En effet, le nom « Coronavirus » écrit seul comme ceci désigne une famille de virus, il en existe plusieurs variantes, toutes appelées « Coronavirus » accompagnées d’une dénomination spécifique.

Les coronavirus sont des virus à ARN fréquents, de la famille des coronaviridés, qui sont responsables d’infections digestives et respiratoires chez l’homme et l’animal. Le virus doit son nom à l’apparence de ses particules virales, portant des excroissances qui évoquent une couronne. Les virions, qui sont constitués d’une capside recouverte d’une enveloppe, mesurent 80 à 150 nm de diamètre.
Celui qui sévit actuellement  porte le nom de 2019-nCoV.    

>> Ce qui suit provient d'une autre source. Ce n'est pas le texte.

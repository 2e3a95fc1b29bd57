-- ===== src/Forge/Scope.antt =====
-- internal/forge/scope.go: TaskRefs, MentionRefs and SelectIssues.
pub mod Epics
use Prim.Native.Char.{Char, code}
use Prim.Native.String.{◌++◌ as append}
use text.Mathlib.TextLemmas.{
  cons-append, nil-append, append-nil as text_append-nil, append_assoc as text_append_assoc,
}
use botfam.Base.{
  ℕ, zero, suc, ◌+◌, ◌-◌, ◌*◌, ◌/◌, ◌%◌, ◌^◌, ◌≤◌, ◌<◌, String, ◌≡◌, refl, sym, ap, ◌∙◌, fun_ext,
  ◌≢◌, ◌↔◌, ◌⊎◌, inl, inr, Bool, true, false, not, ◌&&◌, ◌||◌, false≢true, Option, none, some, List,
  [], ◌∷◌, ◌++◌, map, append-nil, append_assoc, arith, ◌==◌, eq_iff, eq_refl, ltb, leb, nat_eq,
  if◌then◌else◌, ltb→lt, nat_eq_iff, Bool-cases, Option-cases, Error, engine, message, Result, ok,
  err, Exec, pure, raise, continue, ◌>>=◌, ◌>>◌, ignore, Result-cases, length, any, find, filter,
  update, length-append, any-append, is_some, or_else, or_default, any-find, All, All-append,
}
use botfam.Base.Text.{is_space, trim_space, is_blank, join, digit, format_int}
use botfam.Base.Runes.{
  all_chars, runes, take_runes, keep_chars, fields, all_chars-append, all_chars-take_runes,
  all_chars-keep_chars, runes-take_runes-le, all_chars-trim_space, all_chars-join-fields,
  starts_clean, starts_clean-trim_space, starts_clean-take_runes,
}
use botfam.Base.Numerals.{
  is_digit, ℤ, is_positive, parse_int, format_integer, parse_int-format_int, max_int64,
}
use botfam.Forge.Closure.{has, collect}

-- forge.Issue; `is_pull` says that it is a pull request
pub record Issue : Type 0 where
  pub index : ℕ
  pub title : String
  pub state : String
  pub body : String
  pub labels : List String
  pub milestone : Option String
  pub is_pull : Bool

pub record Scope : Type 0 where
  pub milestone : String
  pub label : String
  pub epic : ℕ

-- the class \s of a regular expression
is_regex_space : ℕ → Bool
is_regex_space c = nat_eq c 9 || nat_eq c 10 || nat_eq c 12 || nat_eq c 13 || nat_eq c 32

skip_spaces : String → String
unfolding is_regex_space
skip_spaces String.[] = ""
skip_spaces (String.◌∷◌ c s) =
    let rest = skip_spaces s in if is_regex_space (code c) then rest else String.◌∷◌ c s

-- what follows a character that passes the test
after_char : (ℕ → Bool) → String → Option String
after_char p String.[] = none
after_char p (String.◌∷◌ c s) = if p (code c) then some s else none

leading_digits : String → String
unfolding is_digit
leading_digits String.[] = ""
leading_digits (String.◌∷◌ c s) =
    let rest = leading_digits s in if is_digit (code c) then String.◌∷◌ c rest else ""

-- fmt.Sscanf(…, "%d"): a number that does not fit stays 0, and numbers are positive
positive : Option ℤ → Option ℕ
positive (some (ℤ.pos (suc n))) = some (suc n)
positive _ = none

-- the group (\d+)
number_at : String → Option ℕ
unfolding leading_digits parse_int positive
number_at s = positive (parse_int (leading_digits s))

then_at : Option String → (String → Option String) → Option String
then_at none f = none
then_at (some s) f = f s

-- taskRefRe at the start of a line
unfoldable pub task_ref_at : String → Option ℕ
unfolding skip_spaces after_char then_at number_at
task_ref_at s =
    let bullet = after_char (λ c. nat_eq c 45 || nat_eq c 42) (skip_spaces s) in
    let opened = then_at bullet (λ t. after_char (λ c. nat_eq c 91) (skip_spaces t)) in
    let marked = then_at opened (after_char (λ c. nat_eq c 32 || nat_eq c 120 || nat_eq c 88)) in
    let closed = then_at marked (after_char (λ c. nat_eq c 93)) in
    let hash = then_at closed (λ t. after_char (λ c. nat_eq c 35) (skip_spaces t)) in
    elim hash [ none ↦ none | some t ↦ number_at t ]

insert_ref : Option ℕ → List ℕ → List ℕ
unfolding has
insert_ref none refs = refs
insert_ref (some n) refs = if has n refs then refs else n ∷ refs

-- the references of the lines that start in the text; `starts` says that one starts in front of it
refs_from : Bool → String → List ℕ
unfolding task_ref_at insert_ref
refs_from starts String.[] = []
refs_from starts (String.◌∷◌ c s) =
    let rest = refs_from (nat_eq (code c) 10) s in
    if starts then insert_ref (task_ref_at (String.◌∷◌ c s)) rest else rest

-- TaskRefs
unfoldable pub task_refs : String → List ℕ
unfolding refs_from
task_refs body = refs_from true body

-- MentionRefs
unfoldable pub mention_refs : String → List ℕ
unfolding insert_ref number_at
mention_refs String.[] = []
mention_refs (String.◌∷◌ c s) =
    let rest = mention_refs s in if nat_eq (code c) 35 then insert_ref (number_at s) rest else rest

-- the map byNum: of two issues with a number the last one counts
unfoldable pub by_num : List Issue → ℕ → Option Issue
by_num [] n = none
by_num (i ∷ issues) n = or_else (by_num issues n) (if nat_eq i.index n then some i else none)

unfoldable pub refs_of : Option Issue → List ℕ
unfolding task_refs
refs_of none = []
refs_of (some i) = task_refs i.body

-- the children of a number, by the task list of its issue
unfoldable pub children_of : List Issue → ℕ → List ℕ
unfolding by_num refs_of
children_of issues n = refs_of (by_num issues n)

-- The references of the issues that are not seen yet: they bound the rounds of the loop.
unfoldable pub unseen_refs : List Issue → List ℕ → ℕ
unfolding has task_refs
unseen_refs [] seen = 0
unseen_refs (i ∷ issues) seen =
    (if has i.index seen then 0 else length (task_refs i.body)) + unseen_refs issues seen

-- the case sc.Epic > 0 of SelectIssues
unfoldable pub epic_closure : List Issue → ℕ → Option (List ℕ)
unfolding collect children_of unseen_refs
epic_closure issues epic = collect (children_of issues) (unseen_refs issues [] + 2) (epic ∷ []) []

indexes : (Issue → Bool) → List Issue → List ℕ
unfolding filter
indexes p issues = map (λ i. i.index) (filter p issues)

is_milestone : String → Option String → Bool
is_milestone title none = false
is_milestone title (some t) = t == title

-- SelectIssues; none is the nil of the full history
unfoldable pub select_issues : List Issue → Scope → Option (List ℕ)
unfolding epic_closure indexes is_milestone any
select_issues issues sc =
    if ltb 0 sc.epic
    then epic_closure issues sc.epic
    else if not (sc.milestone == "")
    then some (indexes (λ i. is_milestone sc.milestone i.milestone) issues)
    else if not (sc.label == "")
    then some (indexes (λ i. any (λ l. l == sc.label) i.labels) issues)
    else none

-- Scope.String
unfoldable pub scope_string : Scope → String
unfolding format_int
scope_string sc =
    if ltb 0 sc.epic
    then append "epic #" (format_int sc.epic)
    else if not (sc.milestone == "")
    then append "milestone " sc.milestone
    else if not (sc.label == "")
    then append "label " sc.label
    else "all"
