-- ===== src/Forge/Scope/Epics.antt =====
-- internal/forge/scope.go: the scope of an epic is what its task lists reach.
use botfam.Base.{
  ℕ, ◌+◌, ◌≤◌, ◌<◌, ◌≡◌, refl, ap, ◌∙◌, ◌↔◌, inl, inr, true, false, none, some, List, [], ◌∷◌,
  arith, ltb, nat_eq, if◌then◌else◌, nat_eq_iff, Bool-cases, Option-cases, length, any,
}
use botfam.Forge.Closure.{has, Reach}
use botfam.Forge.Closure.Complete.{collect-Reach}
use botfam.Forge.Scope.{
  Issue, Scope, task_refs, by_num, refs_of, children_of, unseen_refs, epic_closure, select_issues,
}

cost : Issue → List ℕ → ℕ
cost i seen = if has i.index seen then 0 else length (task_refs i.body)

module _ (n : ℕ) (i : Issue) (issues : List Issue) where
  children-later :
      (j : Issue) → by_num issues n ≡ some j → children_of (i ∷ issues) n ≡ children_of issues n
  unfolding children_of by_num refs_of
  children-later j e = rw e refl

  children-here :
      by_num issues n ≡ none
      → nat_eq i.index n ≡ true
      → children_of (i ∷ issues) n ≡ task_refs i.body
  unfolding children_of by_num refs_of
  children-here e h = rw (e, h) refl

  children-none :
      by_num issues n ≡ none → nat_eq i.index n ≡ false → children_of (i ∷ issues) n ≡ []
  unfolding children_of by_num refs_of
  children-none e h = rw (e, h) refl

module _ (n : ℕ) (seen : List ℕ) (unseen : has n seen ≡ false) where
  cost-le : (i : Issue) → cost i (n ∷ seen) ≤ cost i seen
  unfolding cost has any
  cost-le i = ground arith

  has-index : (i : Issue) → nat_eq i.index n ≡ true → has i.index seen ≡ false
  has-index i e = ap (λ k. has k seen) ((nat_eq_iff i.index n).0 e) ∙ unseen

  cost-seen :
      (i : Issue)
      → nat_eq i.index n ≡ true
      → cost i (n ∷ seen) + length (task_refs i.body) ≤ cost i seen
  unfolding cost has any
  cost-seen i e = rw (e, has-index i e) (omega arith)

  cost-cons :
      (i : Issue) (issues : List Issue)
      → unseen_refs issues (n ∷ seen) + length (children_of issues n) ≤ unseen_refs issues seen
      → cost i (n ∷ seen) + unseen_refs issues (n ∷ seen) + length (children_of (i ∷ issues) n)
        ≤ cost i seen + unseen_refs issues seen
  cost-cons i issues h = elim (Option-cases (by_num issues n)) [
    | inr (j, e) ↦ rw (children-later n i issues j e) (omega (arith, h, cost-le i))
    | inl e ↦ elim (Bool-cases (nat_eq i.index n)) [
      | inl t ↦ rw (children-here n i issues e t) (omega (arith, h, cost-seen i t))
      | inr t ↦ rw (children-none n i issues e t) (omega (arith, h, cost-le i))
    ]
  ]

  unseen_refs-cons :
      (issues : List Issue)
      → unseen_refs issues (n ∷ seen) + length (children_of issues n) ≤ unseen_refs issues seen
  unfolding unseen_refs cost children_of by_num refs_of
  unseen_refs-cons [] = omega arith
  unseen_refs-cons (i ∷ issues) = cost-cons i issues (unseen_refs-cons issues)

positive_epic : (n : ℕ) → 0 < n → ltb 0 n ≡ true
positive_epic n h = ground (arith, h)

-- SelectIssues of a scope with an epic ends for all issues, and selects exactly the numbers that the task lists reach from it.
pub select_issues-Reach :
    (issues : List Issue) (sc : Scope)
    → 0 < sc.epic
    → (r : List ℕ) × ((select_issues issues sc ≡ some r)
        × ((n : ℕ) → (has n r ≡ true) ↔ Reach (children_of issues) sc.epic n))
unfolding select_issues epic_closure
select_issues-Reach issues sc h = rw (positive_epic sc.epic h) (
    collect-Reach (children_of issues) sc.epic (unseen_refs issues)
      (λ n seen unseen. unseen_refs-cons n seen unseen issues) (unseen_refs issues [] + 2)
      (omega arith))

  • Le HCoV-229E et HCoV-0C43, tous deux découverts dans les années 1960.
  • Le SARS-CoV,  le HCoV-NL63 découvert en 2004 aux Pays-Bas.
  • Le HCoV-HKU1 découvert en 2005 à Hong-Kong.
  • Le MERS-CoV découvert en 2012.
  • Le 2019*nCoV en 2019 en Chine.

La référence des deux captures écran du brevet de 2003 de la publication est une autre sorte de « Coronavirus », le SRAS (« SARS-CoV » de son nom scientifique complet). On peut facilement le vérifier grâce au numéro de brevet, et il n’a rien à voir avec l’actuel. Le « SRAS » toucha 8.000 personnes dans 30 pays en 2002-2003 et fit plus de 700 morts, selon l’OMS (l’Organisation Mondiale de la Santé).

Certaines publications, surtout anti-vaccin, crient au scandale en prétendant que les États-Unis aurait créé le virus « Coronavirus » en 2003 afin de rentabiliser les laboratoires scientifiques pour la recherche d’un futur vaccin. Même si le brevet de 72 pages, dont 2 figurent dans la publication sont bien de 2003, ça ne tient pas la route puisque comme vous venez de le voir ci-dessus, le virus de 2003 n’est pas le même que  l’actuel, le virus dont il est question – SARS-CoV – est celui qui a sévi entre 2002 et 2003, en Chine, et qui est la cause du syndrome respiratoire aigu sévère (SRAS)

De plus il est FAUX de laisser penser qu’il a été breveté  parce que le « Coronavirus » a été créé ou parce qu’il est protégé.  En effet, le terme « breveter » dans ce cas, veut simplement dire qu’ils sont les premiers à avoir réussi à isoler ce virus en laboratoire aux États-Unis .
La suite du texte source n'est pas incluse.